1. The Cloudflare Firewall Script

                                IP="$1"
                                ZONE_ID=$(cat /etc/cloudflare/ZONE_ID)
                                API_TOKEN=$(cat /etc/cloudflare/API_TOKEN)
                                DATE_MMDDYY=$(TZ=America/New_York date +"%m/%d/%y")
                                TIME_HHMMSS=$(TZ=America/New_York date +"%H:%M:%S")
                                
                                ASN=$(whois "$IP" | grep -iE 'origin:|OriginAS:' | grep -Eo 'AS[0-9]+' | head -n1)
                                
                                curl -s -X POST "https://api.cloudflare.com/client/v4/zones/$ZONE_ID/firewall/access_rules/rules" \
                                  -H "Authorization: Bearer $API_TOKEN" \
                                  -H "Content-Type: application/json" \
                                  --data '{
                                    "mode": "block",
                                    "configuration": {
                                      "target": "ip",
                                      "value": "'"$IP"'"
                                    },
                                    "notes": "Blocked by fail2ban on '"$DATE_MMDDYY $TIME_HHMMSS"' (ASN: '"$ASN"')"
                                  }'
                                

2. Custom Fail2Ban Action

[Definition]
                                actionstart =
                                actionstop =
                                actioncheck =
                                actionban = /usr/local/bin/fail2ban-cloudflare-ban.sh <ip>
                                actionunban =
                                

3. Sample jail.local for Tunnel-Exposed Service

[cloudflared-endpoint]
                                enabled = true
                                port    = http,https
                                filter  = cloudflared-abuse
                                logpath = /var/log/nginx/access.log
                                action  = cloudflare-ban[name=cloudflare-ban]
                                maxretry = 10
                                findtime = 86400         # 1 day
                                

This configuration ensures that persistent abuse against your tunneled service results in an IP block—enforced at the Cloudflare edge before malicious requests touch your server.
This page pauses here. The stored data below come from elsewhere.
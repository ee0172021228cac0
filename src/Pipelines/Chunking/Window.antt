-- ===== src/Pipelines/Chunking/Window.antt =====
-- `_split_plain_window` of app/pipelines/chunking.py: a text in windows of a fixed width.
use be25_fin_thanos_meetbowl.Prelude.{
  ℕ, zero, suc, ◌+◌, ◌-◌, ◌≤◌, ◌<◌, min, max, ◌≡◌, refl, inl, inr, Option, none, some, List, [],
  ◌∷◌, arith, ltb, leb, if◌then◌else◌, Bool-cases, Option-cases, nat_eq, list_eq, option_eq,
  pair_eq, length, take, drop, All, length-take,
}
use be25_fin_thanos_meetbowl.Text.{Text, strip}
use be25_fin_thanos_meetbowl.Text.Laws.{length-strip-le}

-- `text[start:end]`
abbrev pub slice : Text → ℕ → ℕ → Text
slice text start end = take (end - start) (drop start text)

-- `if window: chunks.append(window)`
abbrev pub put : Text → List Text → List Text
put [] chunks = chunks
put (c ∷ window) chunks = (c ∷ window) ∷ chunks

-- The loop on fuel; `none` means that the fuel ran out. The next start never falls below the one after
-- the last, so that a negative `end - overlap` does not matter.
unfoldable pub window_loop : ℕ → Text → ℕ → ℕ → ℕ → Option (List Text)
window_loop zero text max_chars overlap_chars start = none
window_loop (suc fuel) text max_chars overlap_chars start =
    let end = min (start + max_chars) (length text) in
    let window = strip (slice text start end) in
    let rest =
      window_loop fuel text max_chars overlap_chars (max (end - overlap_chars) (start + 1)) in
    if ltb start (length text)
    then (if leb (length text) end
        then some (put window [])
        else elim rest [ none ↦ none | some chunks ↦ some (put window chunks) ])
    else some []

abbrev pub chunks_or_none : Option (List Text) → List Text
chunks_or_none none = []
chunks_or_none (some chunks) = chunks

-- One round for each character and one more.
unfoldable pub split_plain_window : Text → ℕ → ℕ → List Text
split_plain_window text max_chars overlap_chars =
    chunks_or_none (window_loop (suc (length text)) text max_chars overlap_chars 0)

-- With more rounds of fuel than characters are left, the loop over windows ends with a list of chunks,
-- for every limit and overlap.
pub window_loop_total :
    (fuel : ℕ) (text : Text) (max_chars overlap_chars start : ℕ)
    → length text < start + fuel
    → 0 < fuel
    → (chunks : List Text) × (window_loop fuel text max_chars overlap_chars start ≡ some chunks)
unfolding window_loop
window_loop_total zero text m o start h k = elim k [ ]
window_loop_total (suc fuel) text m o start h k =
    let end = min (start + m) (length text) in
    elim (Bool-cases (ltb start (length text))) [
      | inl more ↦ elim (Bool-cases (leb (length text) end)) [
        | inl last ↦ (put (strip (slice text start end)) [], rw (more, last) refl)
        | inr inner ↦
            let (chunks, rest) =
              window_loop_total fuel text m o (max (end - o) (start + 1)) (omega arith)
                (ground arith) in
            (put (strip (slice text start end)) chunks, rw (more, inner, rest) refl)
      ]
      | inr over ↦ ([], rw over refl)
    ]

slice-le : (text : Text) (start m n : ℕ) → length (slice text start (min (start + m) n)) ≤ m
slice-le text start m n = omega (arith, length-take (min (start + m) n - start) (drop start text))

-- Something to say, within the limit.
abbrev pub Fits : ℕ → List Text → Type 0
Fits n chunks = All (λ chunk. (1 ≤ length chunk) × (length chunk ≤ n)) chunks

Fits-put :
    (n : ℕ) (window : Text) (chunks : List Text)
    → length window ≤ n
    → Fits n chunks
    → Fits n (put window chunks)
Fits-put n [] chunks h k = k
Fits-put n (c ∷ window) chunks h k = ((omega arith, h), k)

window_loop-Fits :
    (fuel : ℕ) (text : Text) (m o start : ℕ)
    → Fits m (chunks_or_none (window_loop fuel text m o start))
unfolding window_loop
window_loop-Fits zero text m o start = tt
window_loop-Fits (suc fuel) text m o start =
    let end = min (start + m) (length text) in
    let window = strip (slice text start end) in
    let fits : length window ≤ m =
      omega (arith, length-strip-le (slice text start end), slice-le text start m (length text)) in
    let next = max (end - o) (start + 1) in
    elim (Bool-cases (ltb start (length text))) [
      | inl more ↦ elim (Bool-cases (leb (length text) end)) [
        | inl last ↦ rw (more, last) (Fits-put m window [] fits tt)
        | inr inner ↦ elim (Option-cases (window_loop fuel text m o next)) [
          | inl out ↦ rw (more, inner, out) tt
          | inr (chunks, rest) ↦
              rw (more, inner, rest)
                (Fits-put m window chunks fits (rw rest at (window_loop-Fits fuel text m o next)))
        ]
      ]
      | inr over ↦ rw over tt
    ]

-- Every window fits, and none is empty.
pub split_plain_window-Fits :
    (text : Text) (max_chars overlap_chars : ℕ)
    → Fits max_chars (split_plain_window text max_chars overlap_chars)
unfolding split_plain_window
split_plain_window-Fits text m o = window_loop-Fits (suc (length text)) text m o 0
Here’s how it works in detail: Fail2Ban continuously monitors your service’s log files for suspicious patterns, such as repeated failed logins or malformed requests. When it detects an IP address that matches these patterns, it triggers a jail—a set of rules specifying what to look for and what action to take.

In this setup, the jail is configured to call a custom script whenever a rule is triggered. The script receives the offending IP address as an argument. It then uses the Cloudflare API to add a firewall rule that blocks this IP at the Cloudflare edge. This means any future requests from that IP are stopped by Cloudflare and never reach your server or tunnel.

• Detection: Fail2Ban uses filters (regular expressions) to scan logs for specific events, like too many failed logins from the same IP.
• Action: When a filter matches, the jail executes the script, passing the attacker’s IP.
• Blocking: The script uses Cloudflare’s API to block the IP, preventing further abuse at the network edge.

This automated process helps protect your service by quickly identifying and blocking abusive IPs, reducing the risk of successful attacks and minimizing manual intervention.

Conclusion From CoPilot

Imagine your website is like a treehouse with a secret ladder. You want your friends to visit, but you don’t want sneaky robots or strangers climbing up when you’re not looking. So, you use Cloudflare, like a friendly robot gatekeeper, who checks everyone before they get to your ladder. Then, you also use Fail2Ban, which is like a watchful owl sitting in the tree—if it sees someone doing something suspicious over and over, like shaking the ladder or poking at the door, it hoots and triggers a trap that blocks them from coming back. Together, they help you keep your treehouse safe, fun, and only for the people you trust.